Toripalimab is an anti-PD-1 monoclonal antibody developed for its ability to block PD-1 interactions with its ligands, PD-L1 and PD-L2, and for enhanced receptor endocytosis function. PD-L1 and PD-L2 are tumor checkpoint proteins which recognize the PD-1 receptor on T cells and exhaust their anti-tumor activity. Blocking PD-1 interactions with PD-L1 and PD-L2 is thought to recharge the immune system’s ability to attack and kill tumor cells.

Toripalimab also is thought to encourage efficient internalization (endocytosis) of the PD-1 receptor, enabling a Trojan Horse effect allowing T cells to slip undetected past the tumor PD-L1 and PD-L2 checkpoints.

View Toripalimab Mechanism of Action

In the United States, the FDA is reviewing the BLA resubmission for toripalimab in combination with gemcitabine and cisplatin as first-line treatment for patients with advanced recurrent or metastatic NPC and for toripalimab monotherapy for the second-line or later treatment of recurrent or metastatic NPC after platinum-containing chemotherapy.

The toripalimab BLA is supported by the results from clinical studies “POLARIS-02” and “JUPITER-02”. The POLARIS-02 study is a multi-center, open-label, pivotal Phase II clinical study, the results of which were published online in January 2021 in the Journal of Clinical Oncology. The JUPITER-02 study is a randomized, double-blind, placebo-controlled, international multi-center Phase 3 clinical trial, the results of which were presented at the 2021 American Society of Clinical Oncology annual meeting in a Plenary Session presentation (#LBA2) and were published as the cover article of the September 2021 issue of Nature Medicine.

The FDA has granted Breakthrough Therapy designations for toripalimab in combination with chemotherapy for the first-line treatment of recurrent or metastatic NPC as well as for toripalimab monotherapy in the second or third-line treatment of recurrent or metastatic NPC. Additionally, the FDA has granted Fast Track designation for toripalimab for the treatment of mucosal melanoma and Orphan Drug designations for the treatment of esophageal cancer, NPC, mucosal melanoma, soft tissue sarcoma, and small cell lung cancer ("SCLC").

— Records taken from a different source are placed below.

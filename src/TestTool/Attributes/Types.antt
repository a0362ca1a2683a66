-- ===== src/TestTool/Attributes/Types.antt =====
-- The types of the attributes that `parseAttributesFromForm` puts into a credential.
use mathlib.Core.Path.{subst}
use mathlib.Core.Option.{some-injective}
use concordium_web3id.Explorer.Builders.{trim}
use concordium_web3id.Common.{
  ◌≡◌, ◌≢◌, ◌⊎◌, inl, inr, sym, ◌∙◌, String, Bool, true, false, Option, none, some, List, ok,
  str_eq, eq_iff, ne_of_str_eq, Bool-cases, Option-cases, find, refl,
}
use concordium_web3id.TestTool.Attributes.{
  AttributeDetails, Value, text, big, date_time, Parsed, value_of, parse_attributes_from_form,
}
use concordium_web3id.TestTool.Attributes.Form.{entered, meant, parse_attributes_from_form-find}

-- A value is of a type of the schema: a number of the numeric types, a date with its time of
-- `date-time`, a text of any other.
pub data HasType (Big : Type 0) (type : String) : Value Big → Type 0 where
  a_number : (n : Big) → (type ≡ "number") ⊎ (type ≡ "integer") → HasType Big type (big n)
  a_date : (s : String) → type ≡ "date-time" → HasType Big type (date_time s)
  a_text :
      (s : String)
      → type ≢ "number"
      → type ≢ "integer"
      → type ≢ "date-time"
      → HasType Big type (text s)

is_type : (s t : String) → str_eq s t ≡ true → s ≡ t
is_type s t e = (eq_iff s t).0 e

other_type : (type s t : String) → str_eq type s ≡ true → str_eq s t ≡ false → type ≢ t
other_type type s t e f g = ne_of_str_eq s t f (sym (is_type type s e) ∙ g)

given :
    {Big : Type 0} (type : String) (x a : Value Big)
    → some x ≡ some a
    → HasType Big type x
    → HasType Big type a
given {Big} type x a e h = subst (HasType Big type) (some-injective x a e) h

module _ {Big : Type 0} (big_int : String → Option Big) (is_date : String → Bool) where
  number-HasType :
      (type v : String) (a : Value Big)
      → (type ≡ "number") ⊎ (type ≡ "integer")
      → elim (big_int v) [ none ↦ none | some n ↦ some (big n) ] ≡ some a
      → HasType Big type a
  number-HasType type v a numeric e = elim (Option-cases (big_int v)) [
    | inl throws ↦ cc (rw throws at e)
    | inr (n, read) ↦ given type (big n) a (rw read at e) (a_number n numeric)
  ]

  value_of-HasType :
      (type v : String) (a : Value Big)
      → value_of big_int is_date type v ≡ some a
      → HasType Big type a
  unfolding value_of
  value_of-HasType type v a e = elim (Bool-cases (str_eq type "string")) [
    | inl same ↦ given type (text v) a (rw same at e) (
        a_text v (other_type type "string" "number" same refl)
          (other_type type "string" "integer" same refl)
          (other_type type "string" "date-time" same refl))
    | inr no_string ↦ elim (Bool-cases (str_eq type "number")) [
      | inl same ↦
          number-HasType type v a (inl (is_type type "number" same)) (rw (no_string, same) at e)
      | inr no_number ↦ elim (Bool-cases (str_eq type "integer")) [
        | inl same ↦
            number-HasType type v a (inr (is_type type "integer" same))
              (rw (no_string, no_number, same) at e)
        | inr no_integer ↦ elim (Bool-cases (str_eq type "date-time")) [
          | inl same ↦
              given type (date_time (trim v)) a (rw (no_string, no_number, no_integer, same) at e)
                (a_date (trim v) (is_type type "date-time" same))
          | inr no_date ↦
              given type (text v) a (rw (no_string, no_number, no_integer, no_date) at e) (
                a_text v (ne_of_str_eq type "number" no_number)
                  (ne_of_str_eq type "integer" no_integer) (ne_of_str_eq type "date-time" no_date))
        ]
      ]
    ]
  ]

  -- If the form is read, every attribute of the credential is one that the form gives, and its value
  -- is of the type that the schema has for it: a number of the numeric types, a date for `date-time`,
  -- and a text for every other type.
  pub parse_attributes_from_form-HasType :
      (ds : List AttributeDetails) (tag : String) {q : Parsed Big} (a : Value Big)
      → parse_attributes_from_form big_int is_date ds ≡ ok q
      → find tag q.attributes ≡ some a
      → (type : String) × (s : String) × (entered tag ds ≡ some (type, s)) × HasType Big type a
  parse_attributes_from_form-HasType ds tag {q} a e found =
      let read : meant big_int is_date (entered tag ds) ≡ some a =
        sym (parse_attributes_from_form-find big_int is_date ds tag e) ∙ found in
      elim (Option-cases (entered tag ds)) [
        | inl nothing ↦ cc (rw nothing at read)
        | inr ((type, s), here) ↦ (type, s, here, value_of-HasType type s a (rw here at read))
      ]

More than thirty company-sponsored toripalimab clinical studies covering more than fifteen indications have been conducted globally by Junshi Biosciences, including in China, the United States, Southeast Asia, and European countries. Ongoing or completed pivotal clinical trials evaluating the safety and efficacy of toripalimab cover a broad range of tumor types including cancers of the lung, nasopharynx, esophagus, stomach, bladder, breast, liver, kidney and skin.

In China, toripalimab was the first domestic anti-PD-1 monoclonal antibody approved for marketing (approved in China as TUOYI®). Toripalimab is approved in China for the second-line treatment of melanoma, nasopharyngeal carcinoma, urothelial cancer, esophageal cancer, and non-small cell lung cancer.